Here's a one-liner, using rle():
f <- function(x) {
with(rle(sort(x)), setNames(lengths, values))
}
f(c(1,2,3,2,1))
# 1 2 3
# 2 2 1
Alternatively, here's an option that's less "tricky", and is probably a better model for learning to code in an R-ish way:
f2 <- function(x) {
ss <- sort(x)
uu <- unique(ss)
names(uu) <- uu
sapply(uu, function(u) sum(ss == u))
}
f2(c(1,2,3,2,1))
# 1 2 3
# 2 2 1
function(x) {
q = sapply(unique(x), function(i) sum(x == i))
names(q) = unique(x)
return(q)
}
Here is one method using base R:
# data
x <- c(1,2,3,2,1)
# set up
y <- sort(unique(x))
counts <- rep_len(0, length.out=length(y))
names(counts) <- y
for(i in seq_along(x)) {
counts[x[i] == y] <- counts[x[i] == y] + 1
}
Wrapping it in a function:
table2 <- function(x) {
# transform x into character vector to reduce search cost in loop
x <- as.character(x)
y <- sort(unique(x))
counts <- rep_len(0, length.out=length(y))
names(counts) <- y
for(i in seq_along(x)) {
counts[x[i]] <- counts[x[i]] + 1L
}
return(counts)
}
This version only accepts a single vector, of course.
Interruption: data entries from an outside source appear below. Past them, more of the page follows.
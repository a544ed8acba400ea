-- ===== src/Checks/Kyt.antt =====
-- kyt.go: the score of an address from GoPlus's flags. The request and its decoding are a parameter:
-- the decoded flags, or nothing when the response is not usable.
use compliance_gateway.Common.{
  ℕ, ◌≤◌, ◌≡◌, ◌↔◌, inl, inr, Bool, true, false, none, some, [], ◌∷◌, leb, if◌then◌else◌, Any,
  first, later, arith, Bool-cases, max,
}
use compliance_gateway.Text.{Text, TextMap, codes, text_eq, lookup, itoa}
use compliance_gateway.Evidence.Value.{null, text, array, object, Items, nil, cons, end, field}
use compliance_gateway.Checks.{CheckResult}

-- The weights, in the byte order of the flags, which is the order that sorting the raised flags gives.
abbrev pub goplus_weights : TextMap ℕ
goplus_weights =
    (codes "blacklist_doubt", 50)
    ∷ (codes "blackmail_activities", 70)
    ∷ (codes "cybercrime", 70)
    ∷ (codes "darkweb_transactions", 80)
    ∷ (codes "fake_kyc", 40)
    ∷ (codes "financial_crime", 70)
    ∷ (codes "honeypot_related_address", 30)
    ∷ (codes "mixer", 80)
    ∷ (codes "money_laundering", 90)
    ∷ (codes "phishing_activities", 60)
    ∷ (codes "sanctioned", 100)
    ∷ (codes "stealing_attack", 90)
    ∷ []

unfoldable pub risk_level : ℕ → Text
risk_level score =
    if leb 80 score
    then codes "SEVERE"
    else if leb 60 score
    then codes "HIGH"
    else if leb 30 score
    then codes "MEDIUM"
    else codes "LOW"

abbrev pub is_raised : TextMap Text → Text → Bool
is_raised flags f = elim (lookup f flags) [ none ↦ false | some v ↦ text_eq v (codes "1") ]

-- The loop over the weights.
unfoldable pub raised : TextMap Text → TextMap ℕ → TextMap ℕ
raised flags [] = []
raised flags ((f, w) ∷ ws) =
    let rest = raised flags ws in if is_raised flags f then (f, w) ∷ rest else rest

unfoldable pub score_of : TextMap ℕ → ℕ
score_of [] = 0
score_of ((f, w) ∷ ws) = max (score_of ws) w

abbrev pub categories : TextMap ℕ → Items
categories [] = nil
categories ((f, w) ∷ ws) = cons (text f) (categories ws)

abbrev pub alerts : TextMap ℕ → Items
alerts [] = nil
alerts ((f, w) ∷ ws) =
    cons
      (object
        (field (codes "category") (text f) (field (codes "severity") (text (risk_level w)) end)))
      (alerts ws)

-- `GoPlus.Run`, on a usable response.
unfoldable pub goplus_run : Text → TextMap Text → CheckResult
unfolding raised score_of risk_level
goplus_run now flags =
    let up = raised flags goplus_weights in
    let level = risk_level (score_of up) in
    record {
      kind = [];
      provider = codes "GoPlus";
      product = codes "address_security (demo, not for production)";
      outcome = level;
      section = field (codes "provider") (text (codes "GoPlus")) (
          field (codes "product") (text (codes "address_security (demo, not for production)")) (
            field (codes "api_version") (text (codes "v1 address_security, chain_id=1")) (
              field (codes "external_ref") null (
                field (codes "screened_at") (text now) (
                  field (codes "risk_level") (text level) (
                    field (codes "categories") (array (categories up)) (
                      field (codes "alerts") (array (alerts up)) (
                        field (codes "exposures") (array nil)
                          (field (codes "score") (text (itoa (score_of up))) end)))))))));
      raw_sha256 = [];
      performed_at = some now;
    }

-- Some raised flag has at least this weight.
abbrev HasRaised : ℕ → TextMap Text → TextMap ℕ → Type 0
HasRaised n flags ws = Any (λ (p : Text × ℕ). (is_raised flags p.0 ≡ true) × (n ≤ p.1)) ws

score-HasRaised :
    (n : ℕ) (flags : TextMap Text) (ws : TextMap ℕ)
    → 1 ≤ n
    → n ≤ score_of (raised flags ws)
    → HasRaised n flags ws
unfolding raised score_of
score-HasRaised n flags [] l h = absurd (omega arith)
score-HasRaised n flags ((f, w) ∷ ws) l h = elim (Bool-cases (is_raised flags f)) [
  | inl y ↦ elim (Bool-cases (leb n w)) [
    | inl a ↦ first (y, ground arith)
    | inr b ↦ later (score-HasRaised n flags ws l (ground arith))
  ]
  | inr e ↦ later (score-HasRaised n flags ws l (ground arith))
]

HasRaised-score :
    (n : ℕ) (flags : TextMap Text) {ws : TextMap ℕ}
    → HasRaised n flags ws
    → n ≤ score_of (raised flags ws)
unfolding raised score_of
HasRaised-score n flags (first h) = ground arith
HasRaised-score n flags (later m) = ground (arith, HasRaised-score n flags m)

-- The score reaches a bound above 0 exactly when some flag of the table is raised and its weight
-- reaches the bound.
pub score_iff :
    (n : ℕ) (flags : TextMap Text) (ws : TextMap ℕ)
    → 1 ≤ n
    → (n ≤ score_of (raised flags ws))
      ↔ Any (λ (p : Text × ℕ). (is_raised flags p.0 ≡ true) × (n ≤ p.1)) ws
score_iff n flags ws l = (score-HasRaised n flags ws l, HasRaised-score n flags)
At #Frank's suggestion, the function version is slightly different, and possibly faster, in that it transforms the input x into a character. The potential speed up is in the search in counts[x[i]] where the name in counts is referred to (as x[i]), rather than performing a search using "==."